Task requirements
Every single entry should be printed exactly.

Input records
------------------------------------
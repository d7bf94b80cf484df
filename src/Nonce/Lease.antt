-- ===== src/Nonce/Lease.antt =====
-- The lock of settlement/nonceManager.ts over time: the clock, the lock's key with its time to live, and
-- the managers that share the wallet, each where its calls stand. `lock_ttl` is `lockTtlMs`, and `names`
-- are the `consumerName`s of the managers.
pub mod Runs
pub mod Secured
pub mod Kept
pub mod Exclusive
pub mod Foreign
pub mod Orphan
pub mod Expiry
use settlement_engine.Prelude.{
  ℕ, zero, suc, ◌+◌, ◌/◌, ◌≤◌, ◌≡◌, refl, ◌==◌, ltb, String, Bool, true, false, ◌&&◌, Option, none,
  some, str_eq, if◌then◌else◌,
}

-- `${consumerName}:${Date.now()}`, its two parts: a time of day holds no colon
pub record LockId : Type 0 where
  pub consumer_name : String
  pub taken_at : ℕ

abbrev pub same_id : LockId → LockId → Bool
same_id a b = str_eq a.consumer_name b.consumer_name && (a.taken_at == b.taken_at)

-- what the lock's key holds, until it expires
pub record Lease : Type 0 where
  pub holder : LockId
  pub expires_at : ℕ

-- Where a manager stands: outside; in the loop of `acquireLock` up to its deadline; in `acquireNonce`
-- after it, with no heartbeat; with the heartbeat, next due at a time; and after `stopLockHeartbeat`
-- with the release to come. `since` is when it came there, `spares` how many extensions may still fail
-- in a row.
pub data Phase : Type 0 where
  idle : Phase
  acquiring : (id : LockId) (deadline : ℕ) → Phase
  starting : (id : LockId) (since : ℕ) → Phase
  sending : (id : LockId) (due spares : ℕ) → Phase
  closing : (id : LockId) (since : ℕ) → Phase

-- `this.lockId`
abbrev pub lock_id_of : Phase → Option LockId
lock_id_of idle = none
lock_id_of (acquiring id deadline) = none
lock_id_of (starting id since) = some id
lock_id_of (sending id due spares) = some id
lock_id_of (closing id since) = some id

pub record Wallet : Type 0 where
  pub now : ℕ
  pub key : Option Lease
  pub at : ℕ → Phase

abbrev pub put : ℕ → Phase → (ℕ → Phase) → ℕ → Phase
put i p at j = if i == j then p else at j

-- `GET`: a key whose time to live has passed is gone
abbrev pub live : ℕ → Option Lease → Option Lease
live now none = none
live now (some l) = if ltb now l.expires_at then some l else none

abbrev pub held_by : LockId → Option Lease → Bool
held_by id none = false
held_by id (some l) = same_id l.holder id

-- `EXTEND_LOCK_SCRIPT`: `PEXPIRE` only if the key holds the id
unfoldable pub extend_lock_script : ℕ → LockId → ℕ → Option Lease → Option Lease
extend_lock_script now id ttl key =
    if held_by id (live now key) then some (record { holder = id; expires_at = now + ttl }) else key

-- `RELEASE_LOCK_SCRIPT`: `DEL` only if the key holds the id
unfoldable pub release_lock_script : ℕ → LockId → Option Lease → Option Lease
release_lock_script now id key = if held_by id (live now key) then none else key

module _ (lock_ttl : ℕ) where
  -- `SET key id PX ttl NX`: the key is set where it does not exist
  unfoldable pub set_nx : LockId → ℕ → Wallet → Wallet
  set_nx id i w = elim (live w.now w.key) [
    | none ↦ record w {
      key = some (record { holder = id; expires_at = w.now + lock_ttl });
      at = put i (starting id w.now) w.at;
    }
    | some other ↦ w
  ]

  -- a round of the loop of `acquireLock`; past the deadline it throws
  unfoldable pub try_round : ℕ → Wallet → Phase → Wallet
  unfolding set_nx
  try_round i w (acquiring id deadline) =
      if ltb w.now deadline then set_nx id i w else record w { at = put i idle w.at }
  try_round i w other = w

  -- `startLockHeartbeat`: an interval of a third of the time to live
  unfoldable pub start_heartbeat : ℕ → ℕ → Wallet → Phase → Wallet
  start_heartbeat spares i w (starting id since) = record w {
    at = put i (sending id (w.now + lock_ttl / 3) spares) w.at;
  }
  start_heartbeat spares i w other = w

  -- the interval fires
  unfoldable pub heartbeat : ℕ → ℕ → Wallet → Phase → Wallet
  unfolding extend_lock_script
  heartbeat spares i w (sending id due left) = record w {
    key = extend_lock_script w.now id lock_ttl w.key;
    at = put i (sending id (w.now + lock_ttl / 3) spares) w.at;
  }
  heartbeat spares i w other = w

  -- the interval fires, and the script fails, which is only logged
  unfoldable pub heartbeat_failed : ℕ → Wallet → Phase → Wallet
  heartbeat_failed i w (sending id due (suc left)) = record w {
    at = put i (sending id (w.now + lock_ttl / 3) left) w.at;
  }
  heartbeat_failed i w other = w

-- `stopLockHeartbeat`, with which `onTxConfirmed`, `handleFailure` and `destroy` begin
unfoldable pub stop_heartbeat : ℕ → Wallet → Phase → Wallet
stop_heartbeat i w (starting id since) = record w { at = put i (closing id w.now) w.at }
stop_heartbeat i w (sending id due spares) = record w { at = put i (closing id w.now) w.at }
stop_heartbeat i w other = w

-- `releaseLock`, with which they end
unfoldable pub release : ℕ → Wallet → Phase → Wallet
unfolding release_lock_script
release i w (closing id since) = record w {
  key = release_lock_script w.now id w.key;
  at = put i idle w.at;
}
release i w other = w

-- `lockId` and `deadline` of `acquireLock`
unfoldable pub begin_acquire : String → ℕ → ℕ → Wallet → Phase → Wallet
begin_acquire name lock_ttl i w idle = record w {
  at =
      put i (acquiring (record { consumer_name = name; taken_at = w.now }) (w.now + lock_ttl)) w.at;
}
begin_acquire name lock_ttl i w other = w

-- the process of a manager ends, and another takes its place; the key stays
abbrev pub crash : ℕ → Wallet → Wallet
crash i w = record w { at = put i idle w.at }

abbrev pub pass : ℕ → Wallet → Wallet
pass d w = record w { now = w.now + d }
------------------------------------
Result of this task
repository d7bf94b80cf484df
filename src/Nonce/Lease.antt
-- ===== src/Nonce/Lease.antt =====
-- The lock of settlement/nonceManager.ts over time: the clock, the lock's key with its time to live, and
-- the managers that share the wallet, each where its calls stand. `lock_ttl` is `lockTtlMs`, and `names`
-- are the `consumerName`s of the managers.
pub mod Runs
pub mod Secured
pub mod Kept
pub mod Exclusive
pub mod Foreign
pub mod Orphan
pub mod Expiry
use settlement_engine.Prelude.{
  ℕ, zero, suc, ◌+◌, ◌/◌, ◌≤◌, ◌≡◌, refl, ◌==◌, ltb, String, Bool, true, false, ◌&&◌, Option, none,
  some, str_eq, if◌then◌else◌,
}

-- `${consumerName}:${Date.now()}`, its two parts: a time of day holds no colon
pub record LockId : Type 0 where
  pub consumer_name : String
  pub taken_at : ℕ

abbrev pub same_id : LockId → LockId → Bool
same_id a b = str_eq a.consumer_name b.consumer_name && (a.taken_at == b.taken_at)

-- what the lock's key holds, until it expires
pub record Lease : Type 0 where
  pub holder : LockId
  pub expires_at : ℕ

-- Where a manager stands: outside; in the loop of `acquireLock` up to its deadline; in `acquireNonce`
-- after it, with no heartbeat; with the heartbeat, next due at a time; and after `stopLockHeartbeat`
-- with the release to come. `since` is when it came there, `spares` how many extensions may still fail
-- in a row.
pub data Phase : Type 0 where
  idle : Phase
  acquiring : (id : LockId) (deadline : ℕ) → Phase
  starting : (id : LockId) (since : ℕ) → Phase
  sending : (id : LockId) (due spares : ℕ) → Phase
  closing : (id : LockId) (since : ℕ) → Phase

-- `this.lockId`
abbrev pub lock_id_of : Phase → Option LockId
lock_id_of idle = none
lock_id_of (acquiring id deadline) = none
lock_id_of (starting id since) = some id
lock_id_of (sending id due spares) = some id
lock_id_of (closing id since) = some id

pub record Wallet : Type 0 where
  pub now : ℕ
  pub key : Option Lease
  pub at : ℕ → Phase

abbrev pub put : ℕ → Phase → (ℕ → Phase) → ℕ → Phase
put i p at j = if i == j then p else at j

-- `GET`: a key whose time to live has passed is gone
abbrev pub live : ℕ → Option Lease → Option Lease
live now none = none
live now (some l) = if ltb now l.expires_at then some l else none

abbrev pub held_by : LockId → Option Lease → Bool
held_by id none = false
held_by id (some l) = same_id l.holder id

-- `EXTEND_LOCK_SCRIPT`: `PEXPIRE` only if the key holds the id
unfoldable pub extend_lock_script : ℕ → LockId → ℕ → Option Lease → Option Lease
extend_lock_script now id ttl key =
    if held_by id (live now key) then some (record { holder = id; expires_at = now + ttl }) else key

-- `RELEASE_LOCK_SCRIPT`: `DEL` only if the key holds the id
unfoldable pub release_lock_script : ℕ → LockId → Option Lease → Option Lease
release_lock_script now id key = if held_by id (live now key) then none else key

module _ (lock_ttl : ℕ) where
  -- `SET key id PX ttl NX`: the key is set where it does not exist
  unfoldable pub set_nx : LockId → ℕ → Wallet → Wallet
  set_nx id i w = elim (live w.now w.key) [
    | none ↦ record w {
      key = some (record { holder = id; expires_at = w.now + lock_ttl });
      at = put i (starting id w.now) w.at;
    }
    | some other ↦ w
  ]

  -- a round of the loop of `acquireLock`; past the deadline it throws
  unfoldable pub try_round : ℕ → Wallet → Phase → Wallet
  unfolding set_nx
  try_round i w (acquiring id deadline) =
      if ltb w.now deadline then set_nx id i w else record w { at = put i idle w.at }
  try_round i w other = w

  -- `startLockHeartbeat`: an interval of a third of the time to live
  unfoldable pub start_heartbeat : ℕ → ℕ → Wallet → Phase → Wallet
  start_heartbeat spares i w (starting id since) = record w {
    at = put i (sending id (w.now + lock_ttl / 3) spares) w.at;
  }
  start_heartbeat spares i w other = w

  -- the interval fires
  unfoldable pub heartbeat : ℕ → ℕ → Wallet → Phase → Wallet
  unfolding extend_lock_script
  heartbeat spares i w (sending id due left) = record w {
    key = extend_lock_script w.now id lock_ttl w.key;
    at = put i (sending id (w.now + lock_ttl / 3) spares) w.at;
  }
  heartbeat spares i w other = w

  -- the interval fires, and the script fails, which is only logged
  unfoldable pub heartbeat_failed : ℕ → Wallet → Phase → Wallet
  heartbeat_failed i w (sending id due (suc left)) = record w {
    at = put i (sending id (w.now + lock_ttl / 3) left) w.at;
  }
  heartbeat_failed i w other = w

-- `stopLockHeartbeat`, with which `onTxConfirmed`, `handleFailure` and `destroy` begin
unfoldable pub stop_heartbeat : ℕ → Wallet → Phase → Wallet
stop_heartbeat i w (starting id since) = record w { at = put i (closing id w.now) w.at }
stop_heartbeat i w (sending id due spares) = record w { at = put i (closing id w.now) w.at }
stop_heartbeat i w other = w

-- `releaseLock`, with which they end
unfoldable pub release : ℕ → Wallet → Phase → Wallet
unfolding release_lock_script
release i w (closing id since) = record w {
  key = release_lock_script w.now id w.key;
  at = put i idle w.at;
}
release i w other = w

-- `lockId` and `deadline` of `acquireLock`
unfoldable pub begin_acquire : String → ℕ → ℕ → Wallet → Phase → Wallet
begin_acquire name lock_ttl i w idle = record w {
  at =
      put i (acquiring (record { consumer_name = name; taken_at = w.now }) (w.now + lock_ttl)) w.at;
}
begin_acquire name lock_ttl i w other = w

-- the process of a manager ends, and another takes its place; the key stays
abbrev pub crash : ℕ → Wallet → Wallet
crash i w = record w { at = put i idle w.at }

abbrev pub pass : ℕ → Wallet → Wallet
pass d w = record w { now = w.now + d }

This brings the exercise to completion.